The last few pages have been a bit of a segue to address an important issue and set up future interactions, but "I think I might actually be in love with this person" wasn't the issue Lizzie was seeking Monday's help with.  She has a name from a book she found in a bus where an old lady spotted someone shifting about at night and told the boy who she'd rescued from a building full of the undead and brought safely back to Tombstone in the first place.  She has no idea who Ethel Mulgrave is, but she knows Monday's job assignment involved the city's records so he's her ticket to chasing the lead in her "who shot the sheriff" mystery case.  Astute readers may pick out that Monday already knows something about the name "Mulgrave", but the trick is getting that out of him.

The start of the page is a segue from the previous page to this one, where Lizzie is still contemplating her revelation, before just getting down to business.  When I want to make a segue on a page like this I need to make sure it doesn't take up too much panel space, just enough to hook into the end of the previous page and get the ball rolling on this one- it takes me a bit of time to get my pages painted but I always prioritize an archival read over an immediate post-to-post read, since I think that is the bulk of how my work is going to be read, in general, that's the format I aim for.

The second paragraph here is a nice wide panel. When I draw comics I know the "feel" of what I want a page to do and I plan all the action and camerawork to flow organically, but I don't have the specific dialogue written out until after I post the textless page on here.  The reason for this is because I prefer not to cover up my main character subjects with word balloons so I'll use my internal thesaurus to reword ideas in a way that physically fits into the space around my characters.  So like for this second paragraph panel you can see I have Lizzie on one side, Monday on the other and a bunch of space in between that I could conceivably fill with little sentence chunks, but those chunks will be about how no, I'm not looking for Trevor, I'm looking for an Ethel Mulgrave instead.  

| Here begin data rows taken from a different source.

-- ===== src/Server/Forwarder/Faithful.antt =====
-- Wherever a task waits, and whatever the others do to the cache at its waits, what it has sent is
-- what it has received.
use simple_chat_ddn.Common.{
  ◌≤◌, ◌≡◌, refl, ok, err, List, [], ◌∷◌, ◌++◌, length, length-append, arith,
}
use simple_chat_ddn.Common.Text.{Bytes}
use simple_chat_ddn.Core.Bincode.{Codec}
use simple_chat_ddn.Core.Message.Server.{ServerMessage, SharedServerMessage}
use simple_chat_ddn.Core.MessageCache.{StdHash}
use simple_chat_ddn.Core.Protocol.{frame}
use simple_chat_ddn.Core.Protocol.Cached.{Agrees}
use simple_chat_ddn.Server.Dispatcher.{Dispatcher, shared_codec, good_bye}
use simple_chat_ddn.Server.Runtime.{Runtime, IsRuntime}
use simple_chat_ddn.Server.Forwarder.{
  Forwarder, Wait, starting, receiving, fetching, storing, writing, finished, begin,
}
use simple_chat_ddn.Server.Forwarder.Progress.{Progressed, Progressed-append}

module _ {W : Type 0} {rt : Runtime W} (l : IsRuntime rt) (sent : W → Bytes)
    ⦃codec : Codec ServerMessage⦄ ⦃h : StdHash⦄ where
  -- The task of the dispatcher `d`, with its receiver at `to` and what it has sent.
  abbrev pub Progress :
      List SharedServerMessage
      → Dispatcher rt.Receiver W
      → rt.Receiver
      → W
      → List SharedServerMessage
      → Type 0
  Progress log d x s pending =
      Progressed log (l.start d.rec) (l.start x) d.channel_owner (sent d.writer) (sent s) pending

  -- Before its first turn nothing is sent. Then all but the message at hand is, which is the one
  -- that the hash, or the frame, is of. Of a task that failed nothing is said.
  abbrev pub At :
      List SharedServerMessage → Dispatcher rt.Receiver W → rt.Receiver → W → Wait → Type 0
  At log d x s starting = (l.start x ≡ l.start d.rec) × (sent s ≡ sent d.writer)
  At log d x s receiving = Progress log d x s []
  At log d x s (fetching m hash) =
      (p : Bytes) × (codec.encode_to_vec m.shared ≡ ok p)
      × (h.hash_bytes p ≡ hash)
      × Progress log d x s (m ∷ [])
  At log d x s (storing hash f) =
      (m : SharedServerMessage) × (p : Bytes) × (codec.encode_to_vec m.shared ≡ ok p)
      × (h.hash_bytes p ≡ hash)
      × (f ≡ frame p)
      × Progress log d x s (m ∷ [])
  At log d x s (writing f) =
      (m : SharedServerMessage) × (p : Bytes) × (codec.encode_to_vec m.shared ≡ ok p)
      × Agrees m p (ok f)
      × Progress log d x s (m ∷ [])
  At log d x s (finished (ok _)) =
      (s₀ : W) × (q : Bytes) × (codec.encode_to_vec (good_bye d.channel_owner) ≡ ok q)
      × (sent s ≡ sent s₀ ++ frame q)
      × Progress log d x s₀ []
  At log d x s (finished (err e)) = Unit {0}

  pub record IsFaithful (log : List SharedServerMessage) (d : Dispatcher rt.Receiver W)
      (f : Forwarder rt.Receiver W) : Type 0 where
    pub owner : f.channel_owner ≡ d.channel_owner
    pub after : l.start d.rec ≤ l.start f.rec
    pub within : l.start f.rec ≤ length log
    pub at : At log d f.rec f.writer f.wait

  pub begin-IsFaithful :
      (log : List SharedServerMessage) (d : Dispatcher rt.Receiver W)
      → l.start d.rec ≤ length log
      → IsFaithful log d (begin d)
  unfolding begin
  begin-IsFaithful log d k = record {
    owner = refl;
    after = omega arith;
    within = k;
    at = (refl, refl);
  }

  At-append :
      (log more : List SharedServerMessage) (d : Dispatcher rt.Receiver W) (x : rt.Receiver) (s : W)
      (t : Wait)
      → l.start x ≤ length log
      → At log d x s t
      → At (log ++ more) d x s t
  At-append log more d x s starting k a = a
  At-append log more d x s receiving k a = Progressed-append more k a
  At-append log more d x s (fetching m hash) k (p, e, same, a) =
      (p, e, same, Progressed-append more k a)
  At-append log more d x s (storing hash f) k (m, p, e, same, fp, a) =
      (m, p, e, same, fp, Progressed-append more k a)
  At-append log more d x s (writing f) k (m, p, e, agrees, a) =
      (m, p, e, agrees, Progressed-append more k a)
  At-append log more d x s (finished (ok _)) k (s₀, q, e, out, a) =
      (s₀, q, e, out, Progressed-append more k a)
  At-append log more d x s (finished (err e)) k a = a

  -- What the others send afterwards does not matter.
  pub IsFaithful-append :
      (log more : List SharedServerMessage) (d : Dispatcher rt.Receiver W)
      (f : Forwarder rt.Receiver W)
      → IsFaithful log d f
      → IsFaithful (log ++ more) d f
  IsFaithful-append log more d f v = record {
    owner = v.owner;
    after = v.after;
    within = omega (arith, v.within, length-append log more);
    at = At-append log more d f.rec f.writer f.wait v.within v.at;
  }
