-- ===== src/Server/Forwarder/Turns.antt =====
-- The turns of a task, at each of its waits.
use simple_chat_ddn.Common.{
  ℕ, suc, ◌≤◌, ◌≡◌, refl, sym, ap, ◌∙◌, Result, ok, err, map_err, Option, none, some, List, [], ◌∷◌,
  ◌++◌, get_elem?, Bool-cases, Result-cases, inl, inr, if◌then◌else◌,
}
use simple_chat_ddn.Common.Text.{Bytes, text_eq}
use simple_chat_ddn.Core.Error.{ApplicationError, encoding}
use simple_chat_ddn.Core.Bincode.{Codec}
use simple_chat_ddn.Core.Stream.{Writer, IsWriter}
use simple_chat_ddn.Core.Message.Server.{ServerMessage, SharedServerMessage}
use simple_chat_ddn.Core.MessageCache.{StdHash, IsStdHash, MessageCache, put, hash_message}
use simple_chat_ddn.Core.MessageCache.Laws.{put-IsValid}
use simple_chat_ddn.Core.Protocol.{frame}
use simple_chat_ddn.Core.Protocol.Cached.{Agrees, encode_payload, put-IsCoherent}
use simple_chat_ddn.Core.Transport.{write_frame, write_message_to_stream}
use simple_chat_ddn.Core.Transport.Writing.{write_frame_ok, write_message_to_stream_ok}
use simple_chat_ddn.Server.Dispatcher.{Dispatcher, is_own, shared_codec, welcome, good_bye}
use simple_chat_ddn.Server.Dispatcher.Delivery.{others, IsSound}
use simple_chat_ddn.Server.Runtime.{Runtime, IsRuntime}
use simple_chat_ddn.Server.Forwarder.{
  starting, receiving, fetching, storing, writing, finished, go_on, hashed, encoded, looked_up,
}
use simple_chat_ddn.Server.Forwarder.Progress.{
  Progressed-welcome, Progressed-receive, Progressed-send,
}
use simple_chat_ddn.Server.Forwarder.Faithful.{At, Progress}

module _ {W : Type 0} {rt : Runtime W} (l : IsRuntime rt) {sent : W → Bytes}
    ⦃codec : Codec ServerMessage⦄ ⦃w : Writer W⦄ ⦃h : StdHash⦄ (lw : IsWriter w sent) where
  module _ (log : List SharedServerMessage) (d : Dispatcher rt.Receiver W) (x : rt.Receiver) where
    -- The welcome.
    pub starting-At :
        (s : W) (r : Result ApplicationError (Unit {0}) × W)
        → write_message_to_stream s (welcome d.channel_owner) ≡ r
        → At l sent log d x s starting
        → At l sent log d x r.1 (go_on r.0)
    unfolding go_on
    starting-At s (err e, s') same a = tt
    starting-At s (ok _, s') same (at, none_yet) =
        let (p, pay, out) = write_message_to_stream_ok lw (welcome d.channel_owner) s s' same in
        Progressed-welcome p pay (out ∙ ap (λ z. z ++ frame p) none_yet) at

    -- A frame.
    pub writing-At :
        (f : Bytes) (s : W) (r : Result ApplicationError (Unit {0}) × W)
        → write_frame (ok f) s ≡ r
        → At l sent log d x s (writing f)
        → At l sent log d x r.1 (go_on r.0)
    unfolding go_on
    writing-At f s (err e, s') same a = tt
    writing-At f s (ok _, s') same (m, p, pay, agrees, progress) =
        let (b, is_f, out) = write_frame_ok lw (ok f) s s' same in
        let whole : b ≡ f = cc is_f in
        Progressed-send m p f (sent s') pay agrees (out ∙ ap (λ z. sent s ++ z) whole) progress

    -- The farewell.
    pub closed-At :
        (s : W) (r : Result ApplicationError (Unit {0}) × W)
        → write_message_to_stream s (good_bye d.channel_owner) ≡ r
        → At l sent log d x s receiving
        → At l sent log d x r.1 (finished r.0)
    closed-At s (err e, s') same a = tt
    closed-At s (ok _, s') same a =
        let (q, pay, out) = write_message_to_stream_ok lw (good_bye d.channel_owner) s s' same in
        (s, q, pay, out, a)

    -- The cache, and then the encoder.
    pub fetching-At :
        (m : SharedServerMessage) (hash : ℕ) (s : W) (o : Option Bytes)
        → ((f : Bytes) → o ≡ some f → (q : Bytes) × (h.hash_bytes q ≡ hash) × (f ≡ frame q))
        → At l sent log d x s (fetching m hash)
        → At l sent log d x s (looked_up m hash o)
    unfolding looked_up encoded shared_codec
    fetching-At m hash s none coh (p, pay, same, progress) =
        rw (encode_payload m p pay) (m, p, pay, same, refl, progress)
    fetching-At m hash s (some f) coh (p, pay, same, progress) =
        let (q, hash_q, is_f) = coh f refl in
        let agrees : Agrees m p (ok f) = elim (text_eq q p) [
          | yes eq ↦ inl (ap ok (is_f ∙ ap frame eq) ∙ sym (encode_payload m p pay))
          | no ne ↦ inr (q, ne, hash_q ∙ sym same, ap ok is_f)
        ] in
        (m, p, pay, agrees, progress)

    pub storing-At :
        (hash : ℕ) (f : Bytes) (s : W)
        → At l sent log d x s (storing hash f)
        → At l sent log d x s (writing f)
    unfolding shared_codec
    storing-At hash f s (m, p, pay, same, is_f, progress) =
        (m, p, pay, inl (ap ok is_f ∙ sym (encode_payload m p pay)), progress)

  -- What is put is the frame of a payload with that hash.
  pub storing-IsSound :
      IsStdHash h
      → (log : List SharedServerMessage) (d : Dispatcher rt.Receiver W) (x : rt.Receiver) (s : W)
        (hash : ℕ) (f : Bytes) (c : MessageCache)
      → IsSound c
      → At l sent log d x s (storing hash f)
      → IsSound (put hash f c)
  storing-IsSound lh log d x s hash f c (valid, coh) (m, p, pay, same, is_f, progress) =
      (put-IsValid lh hash f c valid, rw (is_f, ← same) (put-IsCoherent p c valid coh))

  -- What was received.
  module _ (log : List SharedServerMessage) (d : Dispatcher rt.Receiver W) where
    hashed-At :
        (m : SharedServerMessage) (x : rt.Receiver) (s : W)
        → Progress l sent log d x s (m ∷ [])
        → At l sent log d x s (hashed m (map_err encoding (hash_message m)))
    unfolding hashed hash_message shared_codec
    hashed-At m x s progress = elim (Result-cases (codec.encode_to_vec m.shared)) [
      | inl (p, pay) ↦ rw pay (p, pay, refl, progress)
      | inr (e, failed) ↦ rw failed tt
    ]

    pub received-At :
        (m : SharedServerMessage) (x x' : rt.Receiver) (s : W)
        → l.start d.rec ≤ l.start x
        → get_elem? log (l.start x) ≡ some m
        → l.start x' ≡ suc (l.start x)
        → At l sent log d x s receiving
        → At l sent log d x' s (
            if is_own d.channel_owner m
            then receiving
            else hashed m (map_err encoding (hash_message m)))
    unfolding others
    received-At m x x' s after here next progress = elim (Bool-cases (is_own d.channel_owner m)) [
      | inl own ↦ rw (own, next) (Progressed-receive m [] after here (rw own refl) progress)
      | inr other ↦ rw other (
          hashed-At m x' s
            (rw next (Progressed-receive m (m ∷ []) after here (rw other refl) progress)))
    ]
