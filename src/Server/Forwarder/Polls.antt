-- ===== src/Server/Forwarder/Polls.antt =====
-- One turn of a task keeps what it has sent faithful, and the cache sound.
use simple_chat_ddn.Common.{◌≡◌, refl, Result, ok, err, Option, none, some, get_elem?-lt, arith}
use simple_chat_ddn.Common.Text.{Bytes}
use simple_chat_ddn.Core.Bincode.{Codec}
use simple_chat_ddn.Core.Stream.{Writer, IsWriter}
use simple_chat_ddn.Core.Message.Server.{ServerMessage, SharedServerMessage}
use simple_chat_ddn.Core.MessageCache.{StdHash, IsStdHash, MessageCache}
use simple_chat_ddn.Server.Dispatcher.{Dispatcher, shared_codec}
use simple_chat_ddn.Server.Dispatcher.Delivery.{IsSound}
use simple_chat_ddn.Server.Runtime.{Runtime, IsRuntime}
use simple_chat_ddn.Server.Forwarder.{
  Forwarder, Wait, starting, receiving, fetching, storing, writing, finished, got, RecvError,
  lagged, closed, Receiving, IsReceiving, poll_at, poll,
}
use simple_chat_ddn.Server.Forwarder.Progress.{Progressed-skip}
use simple_chat_ddn.Server.Forwarder.Faithful.{At, IsFaithful}
use simple_chat_ddn.Server.Forwarder.Turns.{
  starting-At, writing-At, closed-At, fetching-At, storing-At, storing-IsSound, received-At,
}

module _ {W : Type 0} {rt : Runtime W} (l : IsRuntime rt) {rc : Receiving rt}
    (lr : IsReceiving l rc) {sent : W → Bytes} ⦃codec : Codec ServerMessage⦄ ⦃w : Writer W⦄
    ⦃h : StdHash⦄ (lw : IsWriter w sent) (lh : IsStdHash h) where
  module _ (c : rt.Sender) (d : Dispatcher rt.Receiver W) (f : Forwarder rt.Receiver W)
      (v : IsFaithful l sent (l.sent c) d f) where
    -- The task goes on with its receiver where it is.
    stays :
        (s : W) (t : Wait)
        → At l sent (l.sent c) d f.rec s t
        → IsFaithful l sent (l.sent c) d (record f { writer = s; wait = t })
    stays s t a = record { owner = v.owner; after = v.after; within = v.within; at = a }

    got-IsFaithful :
        (o : Option (Result RecvError SharedServerMessage))
        → (rc.recv f.rec c).0 ≡ o
        → At l sent (l.sent c) d f.rec f.writer receiving
        → IsFaithful l sent (l.sent c) d (got o (record f { rec = (rc.recv f.rec c).1 }))
    unfolding got
    got-IsFaithful none e a =
        let same = lr.recv_none f.rec c e in
        record {
          owner = v.owner;
          after = omega (arith, v.after, same);
          within = omega (arith, v.within, same);
          at = rw same a;
        }
    got-IsFaithful (some (err (lagged n))) e a =
        let (next, within, lags) = lr.recv_lagged f.rec c e in
        record {
          owner = v.owner;
          after = omega (arith, v.after, next);
          within = within;
          at = rw next (Progressed-skip n v.after v.within (omega (arith, v.after, lags)) a);
        }
    got-IsFaithful (some (err closed)) e a =
        let same = lr.recv_closed f.rec c e in
        record {
          owner = v.owner;
          after = omega (arith, v.after, same);
          within = omega (arith, v.within, same);
          at =
              rw v.owner
                (closed-At l lw (l.sent c) d (rc.recv f.rec c).1 f.writer _ refl (rw same a));
        }
    got-IsFaithful (some (ok m)) e a =
        let (here, next) = lr.recv_ok f.rec c e in
        record {
          owner = v.owner;
          after = omega (arith, v.after, next);
          within = omega (arith, next, get_elem?-lt (l.start f.rec) (l.sent c) m here);
          at = rw v.owner (
              received-At l lw (l.sent c) d m f.rec (rc.recv f.rec c).1 f.writer v.after here next
                a);
        }

    poll_at-IsFaithful :
        (t : Wait) (cache : MessageCache)
        → IsSound cache
        → At l sent (l.sent c) d f.rec f.writer t
        → IsFaithful l sent (l.sent c) d (poll_at rc t f c cache).0
          × IsSound (poll_at rc t f c cache).1
    unfolding poll_at
    poll_at-IsFaithful starting cache sound a =
        (stays _ _ (rw v.owner (starting-At l lw (l.sent c) d f.rec f.writer _ refl a)), sound)
    poll_at-IsFaithful receiving cache sound a = (got-IsFaithful _ refl a, sound)
    poll_at-IsFaithful (fetching m hash) cache sound a = (
      stays _ _ (fetching-At l lw (l.sent c) d f.rec m hash f.writer _ (λ b. sound.1 hash b) a),
      sound,
    )
    poll_at-IsFaithful (storing hash b) cache sound a = (
      stays _ _ (storing-At l lw (l.sent c) d f.rec hash b f.writer a),
      storing-IsSound l lw lh (l.sent c) d f.rec f.writer hash b cache sound a,
    )
    poll_at-IsFaithful (writing b) cache sound a =
        (stays _ _ (writing-At l lw (l.sent c) d f.rec b f.writer _ refl a), sound)
    poll_at-IsFaithful (finished r) cache sound a = (stays _ _ a, sound)

  -- A turn of a task, wherever it waits, whatever it receives and whatever the others have done to
  -- the cache: the task stays faithful, and the cache sound.
  pub poll-IsFaithful :
      (c : rt.Sender) (d : Dispatcher rt.Receiver W) (f : Forwarder rt.Receiver W)
      (cache : MessageCache)
      → IsSound cache
      → IsFaithful l sent (l.sent c) d f
      → IsFaithful l sent (l.sent c) d (poll rc f c cache).0 × IsSound (poll rc f c cache).1
  unfolding poll
  poll-IsFaithful c d f cache sound v = poll_at-IsFaithful c d f v f.wait cache sound v.at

In the next paragraph I've got the set-up for the page's big payoff- Lizzie puts the job to Monday and Monday is like, okay, what's in it for me?  He just helped her with one problem, why would he help her again?  When the scene opened up Lizzie zipped over to whisper something to Lee before she scooted over to see Monday at the booth.  So now after a bit of talking he's arriving with a plate of something.  So in the following panels he interjects and slides over one steak sandwich, on the house.  The steak sandwich is the order Monday placed in a flashback at Frank's diner, which Lizzie made him pay for on page 300.  Lizzie's special trick of knowing someone's order by glance plays out here and she and Lee deliver him a free meal that he actually likes and it sort of catches him off-guard, the way he caught Lizzie off-guard the page before.  That's sort of just the punchline of this strip, which would lead into a more successfully-negotiated outcome on the next page.  I like to depict Lizzie with a friendly and healthy work environment, so her teaming up with Lee is a fun extension of that.

That's it for now, this week I'm gonna try to ink and paint as much as I can to get this page going, since I think the pages after it will be a lot of fun.  Thanks again for your patience with me.  Take care and be well out there.